# New Aeropress Brew Tool & Timer



## aeropresstom (May 31, 2013)

Hey Aeropress lovers! I have been working on a project for those of us who love trying different recipes with our Aeropresses. I call this project the Aeropress Brew Helper.

http://www.wecravecoffee.com/aeropress-brew-helper/

What is it?

The Brew Helper includes a listing of Aeropress recipes with a handy brew timer. The Brew Helper is designed to be responsive, meaning it can be used on your computer, tablet, or phone and will display nicely. This means you can use the recipes in the kitchen on your iPhone or iPad.

What I need from fellow Aeropress lovers:

I need feedback and recipes!

Since creating the application I have used it each morning and think it is a nice tool to use. I want to see how you, the Aeropress fanatics find it. If you like it - I would love it if you would submit a recipe! You can submit the recipe below. See the template below and be sure to include timings so we can make a nice timer for each recipe.

Recipe Title

Brewing Method (Upright, inverted, type of filter...)

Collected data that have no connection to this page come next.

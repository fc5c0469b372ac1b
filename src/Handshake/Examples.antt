-- ===== src/Handshake/Examples.antt =====
-- A handshake between a client and a server, with the samples in place of the cryptography.
use newppp.Prelude.{
  All, ℕ, ◌+◌, ◌≡◌, ◌≢◌, refl, Bool, true, List, [], ◌∷◌, ◌++◌, Option, none, some, arith,
}
use newppp.Prelude.Bytes.{to_le, from_le, to_be}
use newppp.Proto.Error.{Result, ok, err, open_failed}
use newppp.Proto.Hex.{hex}
use newppp.Proto.Counter.{stream, stream_server}
use newppp.Proto.Counter
use newppp.Proto.Cipher.{Aead, IsAead, nonce_for, seal_slice, decipher, open_with}
use newppp.Proto.Cipher
use newppp.Proto.Cipher.Sample.{sample, sample-IsAead}
use newppp.Proto.Frame.{Frame, build_header, parse_header, from_u8, to_u8, negotiate, max_plaintext}
use newppp.Proto.Frame
use newppp.Proto.Codec.{encode, encode_into, decoder, next_frame, feed}
use newppp.Proto.Auth.{
  AuthPayload, auth_window, auth_mac, verify, decode, difference, proto_version_compatible,
}
use newppp.Proto.Auth
use newppp.Proto.Auth.RoundTrip.{IsWire}
use newppp.Server.State.Nonce.{Seen, contains_key, retain, check_and_remember_nonce}
use newppp.Server.State.Nonce.Replay.{Call, after_calls}
use newppp.Server.Login.{Users, accepted, rejected, version_mismatch, opens_to, auth_from_frame}
use newppp.Server.Login.Accepted.{Listed, Checked, auth_from_frame-Checked}
use newppp.Server.Login.Once.{auth_from_frame_once}
use newppp.Server.Login.Own.{Shut}
use newppp.Handshake.{
  auth_payload, client_encoder, client_auth, first_decoder, Session, after_auth, handle_auth,
  adopt_limit,
}
use newppp.Handshake.Limits.{adopt_limit-after_auth}
use newppp.Handshake.Hello.{handle_auth-client_auth}

abbrev any_utf8 : List ℕ → Bool
any_utf8 b = true

abbrev sum : List ℕ → ℕ
sum [] = 0
sum (x ∷ xs) = x + sum xs

-- 32 bytes.
abbrev checksum : List ℕ → List ℕ → List ℕ
checksum key msg = to_le 32 (sum key + sum msg)

abbrev mute : Aead
mute = record { encrypt = λ nonce aad p. none; decrypt = λ nonce aad c t. none }

-- The empty key opens nothing.
abbrev chacha : List ℕ → Aead
chacha [] = mute
chacha (k ∷ ks) = sample

abbrev derive : List ℕ → List ℕ → List ℕ
derive key salt = key ++ salt

abbrev print : ℕ → List ℕ
print n = n ∷ []

abbrev key : List ℕ
key = 42 ∷ []

abbrev random : List ℕ
random = 0 ∷ 1 ∷ 2 ∷ 3 ∷ 4 ∷ 5 ∷ 6 ∷ 7 ∷ 8 ∷ 9 ∷ 10 ∷ 11 ∷ 12 ∷ 13 ∷ 14 ∷ 15 ∷ []

abbrev alice : List ℕ
alice = b'a' ∷ b'l' ∷ []

abbrev bob : List ℕ
bob = b'b' ∷ b'o' ∷ []

abbrev hello : AuthPayload
hello = auth_payload checksum key alice random random 1000 65536

hello-IsWire : IsWire any_utf8 hello
unfolding auth_payload auth_mac to_le
hello-IsWire = record {
  version_byte = omega arith;
  salt_width = refl;
  ts_width = omega arith;
  nonce_width = refl;
  uid_width = omega arith;
  uid_utf8 = refl;
  mac_width = refl;
  limit_width = omega arith;
}

abbrev bytes_or : Result (List ℕ) → List ℕ
bytes_or (ok b) = b
bytes_or (err e) = []

abbrev no_frame : Frame
no_frame = record { ftype = Frame.auth; flags = 0; sid = 0; counter = 0; aad = []; payload = [] }

abbrev frame_or : Result (Option Frame) → Frame
frame_or (ok (some f)) = f
frame_or _ = no_frame

abbrev pad : List ℕ
pad = 7 ∷ 7 ∷ []

abbrev wire : List ℕ
wire = bytes_or (client_auth (client_encoder chacha key 65536) hello pad).1

abbrev first_frame : Frame
first_frame = frame_or (next_frame (feed first_decoder wire)).1

wire_is_sent : (client_auth (client_encoder chacha key 65536) hello pad).1 ≡ ok wire
unfolding client_auth auth_payload auth_mac Auth.encode encode encode_into seal_slice nonce_for
    build_header to_u8 to_le to_be Counter.next stream Cipher.new
wire_is_sent = refl

first_frame_is_read : (next_frame (feed first_decoder wire)).1 ≡ ok (some first_frame)
unfolding client_auth auth_payload auth_mac Auth.encode encode encode_into seal_slice nonce_for
    build_header to_u8 to_le to_be Counter.next stream Cipher.new next_frame feed decoder
    parse_header from_u8 from_le
first_frame_is_read = refl

bob-Shut : Shut print checksum chacha any_utf8 first_frame (bob, [])
unfolding client_auth auth_payload auth_mac Auth.encode encode encode_into seal_slice nonce_for
    build_header to_u8 to_le to_be Counter.next stream Cipher.new next_frame feed decoder
    parse_header from_u8 from_le decipher open_with
bob-Shut = (open_failed, refl)

only_bob-Shut :
    (f : Frame)
    → (next_frame (feed first_decoder wire)).1 ≡ ok (some f)
    → All (Shut print checksum chacha any_utf8 f) ((bob, []) ∷ [])
only_bob-Shut f e =
    let same : first_frame ≡ f = cc (e, first_frame_is_read) in rw (← same) (bob-Shut, tt)

abbrev users : Users
users = (bob, []) ∷ (alice, key) ∷ []

handle_auth-client_auth_example :
    handle_auth derive chacha print checksum any_utf8 1010 1010 users [] 32768
      (next_frame (feed first_decoder wire)).1
    ≡ (
      (check_and_remember_nonce print 1010 [] alice random 1000).0,
      after_auth derive chacha 32768 (accepted alice key hello),
    )
unfolding contains_key
handle_auth-client_auth_example =
    handle_auth-client_auth derive chacha print checksum any_utf8 1010 1010 ((bob, []) ∷ []) [] []
      32768 alice key random random 1000 65536 pad wire sample-IsAead hello-IsWire (omega arith)
      (omega arith) (omega arith) (omega arith) wire_is_sent only_bob-Shut refl (omega arith)

alice_is_accepted :
    (auth_from_frame print checksum chacha any_utf8 1010 1010 users [] first_frame).1
    ≡ accepted alice key hello
unfolding client_auth auth_payload auth_mac Auth.encode encode encode_into seal_slice nonce_for
    build_header to_u8 to_le to_be Counter.next stream Cipher.new next_frame feed decoder
    parse_header from_u8 from_le decipher open_with auth_from_frame decode verify difference
    check_and_remember_nonce contains_key retain proto_version_compatible
alice_is_accepted = refl

abbrev cache : Seen
cache = (auth_from_frame print checksum chacha any_utf8 1010 1010 users [] first_frame).0

auth_from_frame-Checked_example :
    Listed alice key users
    × Checked print checksum chacha any_utf8 1010 1010 [] cache
        (opens_to print checksum chacha any_utf8 key first_frame)
        alice
        key
        hello
auth_from_frame-Checked_example =
    auth_from_frame-Checked print checksum chacha any_utf8 1010 1010 users [] first_frame alice key
      hello alice_is_accepted

abbrev between : Call
between = record { now = 1020; uid = bob; nonce = random; ts = 1015 }

auth_from_frame_once_example :
    (auth_from_frame print checksum chacha any_utf8 1030 1030 users
      (after_calls print cache (between ∷ []))
      first_frame).1
    ≢ accepted alice key hello
unfolding auth_payload
auth_from_frame_once_example =
    auth_from_frame_once print checksum chacha any_utf8 1010 1010 users [] first_frame alice key
      hello (between ∷ []) 1030 1030 first_frame key hello alice_is_accepted (omega arith)
      (omega arith, tt) (omega arith) refl refl

abbrev no_session : Session
no_session = record { uid = []; session_key = []; limit = 0; reply = ok [] }

abbrev session_or : Option Session → Session
session_or none = no_session
session_or (some s) = s

abbrev the_session : Session
the_session = session_or (after_auth derive chacha 32768 (accepted alice key hello))

session_is_open : after_auth derive chacha 32768 (accepted alice key hello) ≡ some the_session
unfolding after_auth
session_is_open = refl

reply_is_sent : the_session.reply ≡ ok (bytes_or the_session.reply)
unfolding after_auth auth_payload auth_mac negotiate encode encode_into seal_slice nonce_for
    build_header to_u8 to_le to_be Counter.next stream_server Cipher.new
reply_is_sent = refl

adopt_limit-after_auth_example :
    adopt_limit 65536
      (next_frame (
        feed
          (decoder (some (Cipher.new chacha (derive key random))) none 65536)
          (bytes_or the_session.reply))).1
    ≡ some the_session.limit
unfolding auth_payload after_auth
adopt_limit-after_auth_example =
    adopt_limit-after_auth derive chacha alice key hello 32768 the_session
      (bytes_or the_session.reply) sample-IsAead (omega arith, omega arith)
      (omega arith, omega arith) session_is_open reply_is_sent

-- A frame of another type, or none, starts no session.
silence :
    (handle_auth derive chacha print checksum any_utf8 1010 1010 users [] 32768 (ok none)).1 ≡ none
unfolding handle_auth
silence = refl

-- A client of another protocol version is told apart, and its nonce stays unused.
abbrev old_hello : AuthPayload
old_hello = record hello { proto_version = 1 }

abbrev old_frame : Frame
old_frame =
    frame_or
      (next_frame (
        feed first_decoder
          (bytes_or (client_auth (client_encoder chacha key 65536) old_hello pad).1))).1

version_skew :
    auth_from_frame print checksum chacha any_utf8 1010 1010 users [] old_frame
    ≡ ([], version_mismatch 1 2)
unfolding client_auth auth_payload auth_mac Auth.encode encode encode_into seal_slice nonce_for
    build_header to_u8 to_le to_be Counter.next stream Cipher.new next_frame feed decoder
    parse_header from_u8 from_le decipher open_with auth_from_frame decode verify difference
    check_and_remember_nonce contains_key retain proto_version_compatible
version_skew = refl

repeated_frame :
    (auth_from_frame print checksum chacha any_utf8 1011 1011 users cache first_frame).1 ≡ rejected
unfolding client_auth auth_payload auth_mac Auth.encode encode encode_into seal_slice nonce_for
    build_header to_u8 to_le to_be Counter.next stream Cipher.new next_frame feed decoder
    parse_header from_u8 from_le decipher open_with auth_from_frame decode verify difference
    check_and_remember_nonce contains_key retain proto_version_compatible hex
repeated_frame = refl
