-- ===== src/Prelude/Assoc.antt =====
-- A map with numeric keys: `HashMap` and `DashMap` as association lists without repeated keys.
use newppp.Prelude.Tests.{◌==◌, if◌then◌else◌, Bool-cases}
use newppp.Prelude.Lists.{length}
use Prim.Native.Nat.{ℕ, suc, ◌≤◌}
use mathlib.Core.Path.{◌≡◌, refl}
use mathlib.Core.Bool.{Bool, true, false}
use mathlib.Core.List.{List, [], ◌∷◌}
use mathlib.Core.Option.{Option, none, some}
use mathlib.Core.Logic.{◌≢◌, inl, inr}
use native.Mathlib.Omega.{arith}

module _ {ℓ} {V : Type ℓ} where
  -- `m.get(&k)`.
  unfoldable pub lookup : ℕ → List (ℕ × V) → Option V
  lookup key [] = none
  lookup key ((here, found) ∷ rest) = if here == key then some found else lookup key rest

  -- `m.contains_key(&k)`.
  unfoldable pub has : ℕ → List (ℕ × V) → Bool
  has k [] = false
  has k ((j, v) ∷ m) = if j == k then true else has k m

  -- `m.insert(k, v)`: the old value is replaced.
  unfoldable pub insert : ℕ → V → List (ℕ × V) → List (ℕ × V)
  insert key new [] = (key, new) ∷ []
  insert key new ((here, old) ∷ rest) =
      if here == key then (key, new) ∷ rest else (here, old) ∷ insert key new rest

  -- `m.remove(&k)`.
  unfoldable pub remove : ℕ → List (ℕ × V) → List (ℕ × V)
  remove k [] = []
  remove k ((j, w) ∷ m) = if j == k then m else (j, w) ∷ remove k m

  -- `m.retain(p)`.
  unfoldable pub retain : (ℕ → V → Bool) → List (ℕ × V) → List (ℕ × V)
  retain p [] = []
  retain p ((j, w) ∷ m) = if p j w then (j, w) ∷ retain p m else retain p m

  -- No key stands twice.
  abbrev pub Fresh : ℕ → List (ℕ × V) → Type 0
  Fresh k [] = Unit {0}
  Fresh k ((j, w) ∷ m) = (j ≢ k) × Fresh k m

  abbrev pub Distinct : List (ℕ × V) → Type 0
  Distinct [] = Unit {0}
  Distinct ((j, w) ∷ m) = Fresh j m × Distinct m

  pub lookup-insert :
      (k j : ℕ) (v : V) (m : List (ℕ × V))
      → lookup j (insert k v m) ≡ (if k == j then some v else lookup j m)
  unfolding lookup insert
  lookup-insert key other new [] = refl
  lookup-insert key other new ((here, old) ∷ rest) =
      ground (arith, lookup-insert key other new rest)

  pub has-lookup : (k : ℕ) (m : List (ℕ × V)) → has k m ≡ true → (v : V) × (lookup k m ≡ some v)
  unfolding has lookup
  has-lookup k [] h = absurd (cc)
  has-lookup k ((j, w) ∷ m) h = elim (Bool-cases (j == k)) [
    | inl hit ↦ (w, rw hit)
    | inr miss ↦ rw miss (has-lookup k m (rw miss at h))
  ]

  pub lookup-none : (k : ℕ) (m : List (ℕ × V)) → has k m ≡ false → lookup k m ≡ none
  unfolding has lookup
  lookup-none k [] h = refl
  lookup-none k ((j, w) ∷ m) h = ground (arith, lookup-none k m)

  pub Fresh-has : (k : ℕ) (m : List (ℕ × V)) → has k m ≡ false → Fresh k m
  unfolding has
  Fresh-has k [] h = tt
  Fresh-has k ((j, w) ∷ m) h = ground (arith, Fresh-has k m)

  pub has-Fresh : (k : ℕ) (m : List (ℕ × V)) → Fresh k m → has k m ≡ false
  unfolding has
  has-Fresh k [] h = refl
  has-Fresh k ((j, w) ∷ m) h = ground (arith, has-Fresh k m)

  Fresh-insert : (k j : ℕ) (v : V) (m : List (ℕ × V)) → k ≢ j → Fresh j m → Fresh j (insert k v m)
  unfolding insert
  Fresh-insert k j v [] h f = (h, tt)
  Fresh-insert k j v ((i, w) ∷ m) h f = ground (arith, Fresh-insert k j v m)

  pub insert-Distinct : (k : ℕ) (v : V) (m : List (ℕ × V)) → Distinct m → Distinct (insert k v m)
  unfolding insert
  insert-Distinct k v [] d = (tt, tt)
  insert-Distinct k v ((i, w) ∷ m) d = ground (arith, Fresh-insert k i v m, insert-Distinct k v m)

  Fresh-remove : (k j : ℕ) (m : List (ℕ × V)) → Fresh j m → Fresh j (remove k m)
  unfolding remove
  Fresh-remove k j [] f = tt
  Fresh-remove k j ((i, w) ∷ m) f = ground (arith, Fresh-remove k j m)

  pub remove-Distinct : (k : ℕ) (m : List (ℕ × V)) → Distinct m → Distinct (remove k m)
  unfolding remove
  remove-Distinct k [] d = tt
  remove-Distinct k ((i, w) ∷ m) d = ground (arith, Fresh-remove k i m, remove-Distinct k m)

  pub has-remove :
      (k j : ℕ) (m : List (ℕ × V))
      → Distinct m
      → has j (remove k m) ≡ (if k == j then false else has j m)
  unfolding has remove
  has-remove k j [] d = ground arith
  has-remove k j ((i, w) ∷ m) d = ground (arith, has-remove k j m, has-Fresh i m)

  pub lookup-remove :
      (k j : ℕ) (m : List (ℕ × V))
      → Distinct m
      → lookup j (remove k m) ≡ (if k == j then none else lookup j m)
  unfolding lookup remove
  lookup-remove k j [] d = ground arith
  lookup-remove k j ((i, w) ∷ m) d =
      ground (arith, lookup-remove k j m, has-Fresh i m, lookup-none i m)

  pub has-insert :
      (k j : ℕ) (v : V) (m : List (ℕ × V))
      → has j (insert k v m) ≡ (if k == j then true else has j m)
  unfolding has insert
  has-insert k j v [] = refl
  has-insert k j v ((i, w) ∷ m) = ground (arith, has-insert k j v m)

  pub length-insert :
      (k : ℕ) (v : V) (m : List (ℕ × V))
      → length (insert k v m) ≡ (if has k m then length m else suc (length m))
  unfolding has insert
  length-insert k v [] = refl
  length-insert k v ((i, w) ∷ m) = ground (arith, length-insert k v m)

  pub length-remove :
      (k : ℕ) (m : List (ℕ × V))
      → length m ≡ (if has k m then suc (length (remove k m)) else length (remove k m))
  unfolding has remove
  length-remove k [] = refl
  length-remove k ((i, w) ∷ m) = ground (arith, length-remove k m)

  pub length-retain-le : (p : ℕ → V → Bool) (m : List (ℕ × V)) → length (retain p m) ≤ length m
  unfolding retain
  length-retain-le p [] = omega arith
  length-retain-le p ((i, w) ∷ m) = ground (arith, length-retain-le p m)
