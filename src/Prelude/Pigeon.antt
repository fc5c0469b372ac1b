-- ===== src/Prelude/Pigeon.antt =====
-- Lists of numbers: membership, and the pigeonhole principle.
use newppp.Prelude.Tests.{◌==◌, if◌then◌else◌}
use newppp.Prelude.Lists.{length}
use Prim.Native.Nat.{ℕ, zero, suc, ◌≤◌, ◌<◌}
use mathlib.Core.Path.{◌≡◌, refl}
use mathlib.Core.Bool.{Bool, true, false, ◌||◌}
use mathlib.Core.List.{List, [], ◌∷◌, ◌++◌}
use mathlib.Core.Logic.{◌≢◌}
use native.Mathlib.Omega.{arith}

unfoldable pub mem : ℕ → List ℕ → Bool
mem x [] = false
mem x (y ∷ ys) = (y == x) || mem x ys

without : ℕ → List ℕ → List ℕ
without x [] = []
without x (y ∷ ys) = if y == x then ys else y ∷ without x ys

length-without : (x : ℕ) (ys : List ℕ) → mem x ys ≡ true → length ys ≡ suc (length (without x ys))
unfolding mem without
length-without x [] h = absurd (cc h)
length-without x (y ∷ ys) h = ground (arith, length-without x ys)

mem-without : (x z : ℕ) (ys : List ℕ) → z ≢ x → mem z ys ≡ true → mem z (without x ys) ≡ true
unfolding mem without
mem-without x z [] d h = absurd (cc h)
mem-without x z (y ∷ ys) d h = ground (arith, mem-without x z ys)

pub mem-append : (x : ℕ) (xs ys : List ℕ) → mem x (xs ++ ys) ≡ (mem x xs || mem x ys)
unfolding mem
mem-append x [] ys = refl
mem-append x (y ∷ xs) ys = ground (arith, mem-append x xs ys)

-- `n` different members of a list: the list is at least this long.
pub pigeonhole :
    (n : ℕ) (f : ℕ → ℕ) (ys : List ℕ)
    → ((k : ℕ) → k < n → mem (f k) ys ≡ true)
    → ((j k : ℕ) → j < k → k < n → f j ≢ f k)
    → n ≤ length ys
pigeonhole zero f ys inside different = omega arith
pigeonhole (suc n) f ys inside different =
    let rest =
      pigeonhole n f (without (f n) ys)
        (λ k h. mem-without (f n) (f k) ys (different k n h (omega arith)) (inside k (omega arith)))
        (λ j k h l. different j k h (omega arith)) in
    omega (arith, rest, length-without (f n) ys (inside n (omega arith)))
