-- ===== src/Proto.antt =====
-- The wire protocol, src/proto.
pub mod Error
pub mod Counter
pub mod Window
pub mod Addr
pub mod Cipher
pub mod Frame
pub mod Codec
pub mod Hex
pub mod Auth
pub mod OpenError
pub mod Mux
pub mod Adapter
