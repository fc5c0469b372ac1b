-- ===== src/Proto/Adapter.antt =====
-- src/proto/stream.rs: `StreamAsRead`. The stream is the list of what its polls answer; behind it, the
-- stream has ended.
use newppp.Prelude.{
  ℕ, suc, ◌+◌, ◌≤◌, ◌<◌, ◌≡◌, refl, sym, ap, ◌∙◌, Bool, true, false, if◌then◌else◌, List, [], ◌∷◌,
  ◌++◌, length, take, drop, arith, All, append_assoc, length-append, length-drop, inl, inr, ◌⊎◌,
  zero, ◌-◌,
}
pub mod Delivered
mod Examples

-- `Pending`, `Ready(Some(Ok(b)))` and `Ready(Some(Err(e)))`.
pub data Item : Type 0 where
  not_yet : Item
  chunk : List ℕ → Item
  broken : Item

-- `ready []` is the end of the input.
pub data Poll : Type 0 where
  pending : Poll
  ready : List ℕ → Poll
  failed : Poll

pub record StreamAsRead : Type 0 where
  pub stream : List Item
  pub buf : List ℕ
  pub done : Bool

abbrev pub new : List Item → StreamAsRead
new stream = record { stream = stream; buf = []; done = false }

-- The buffer has bytes: `remaining` of them, or all.
abbrev pub hand_out : ℕ → List Item → List ℕ → Bool → StreamAsRead × Poll
hand_out remaining stream buf done =
    (record { stream = stream; buf = drop remaining buf; done = done }, ready (take remaining buf))

-- The loop with an empty buffer, before the end of the stream.
unfoldable pub poll_stream : ℕ → List Item → StreamAsRead × Poll
poll_stream remaining [] = (record { stream = []; buf = []; done = true }, ready [])
poll_stream remaining (not_yet ∷ stream) = (new stream, pending)
poll_stream remaining (broken ∷ stream) = (new stream, failed)
poll_stream remaining (chunk [] ∷ stream) = poll_stream remaining stream
poll_stream remaining (chunk (b ∷ bs) ∷ stream) = hand_out remaining stream (b ∷ bs) false

abbrev pub from_buf : ℕ → List Item → List ℕ → Bool → StreamAsRead × Poll
from_buf remaining stream (b ∷ bs) done = hand_out remaining stream (b ∷ bs) done
from_buf remaining stream [] true = (record { stream = stream; buf = []; done = true }, ready [])
from_buf remaining stream [] false = poll_stream remaining stream

unfoldable pub poll_read : ℕ → StreamAsRead → StreamAsRead × Poll
poll_read remaining a = from_buf remaining a.stream a.buf a.done

abbrev pub handed_out : Poll → List ℕ
handed_out (ready b) = b
handed_out _ = []

-- All that polls with these rooms hand out, one behind the other.
unfoldable pub polls : List ℕ → StreamAsRead → List ℕ × StreamAsRead
polls [] a = ([], a)
polls (n ∷ ns) a =
    let (a', p) = poll_read n a in let (out, last) = polls ns a' in (handed_out p ++ out, last)

-- The bytes that the stream still has.
abbrev pub bytes_of : List Item → List ℕ
bytes_of [] = []
bytes_of (chunk b ∷ stream) = b ++ bytes_of stream
bytes_of (_ ∷ stream) = bytes_of stream

abbrev pub content : StreamAsRead → List ℕ
content a = a.buf ++ (if a.done then [] else bytes_of a.stream)

-- One for each byte, and one for each item.
abbrev pub weight_of : List Item → ℕ
weight_of [] = 0
weight_of (chunk b ∷ stream) = length b + 1 + weight_of stream
weight_of (_ ∷ stream) = 1 + weight_of stream

abbrev pub weight : StreamAsRead → ℕ
weight a = length a.buf + (if a.done then 0 else weight_of a.stream)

Coffee (Grind, measure any needed info...)

Water (temp, pour style, pour time...)

Stir (time...)

Steep (time...)

Plunge (time, quickness, pressure...)

I know Aeropress brews that use unique techniques make a difference in taste, be sure to include all the needed info!

If I end up with a large amount of recipes I will have to have a vote to see which ones make the helper.

-Tom


----------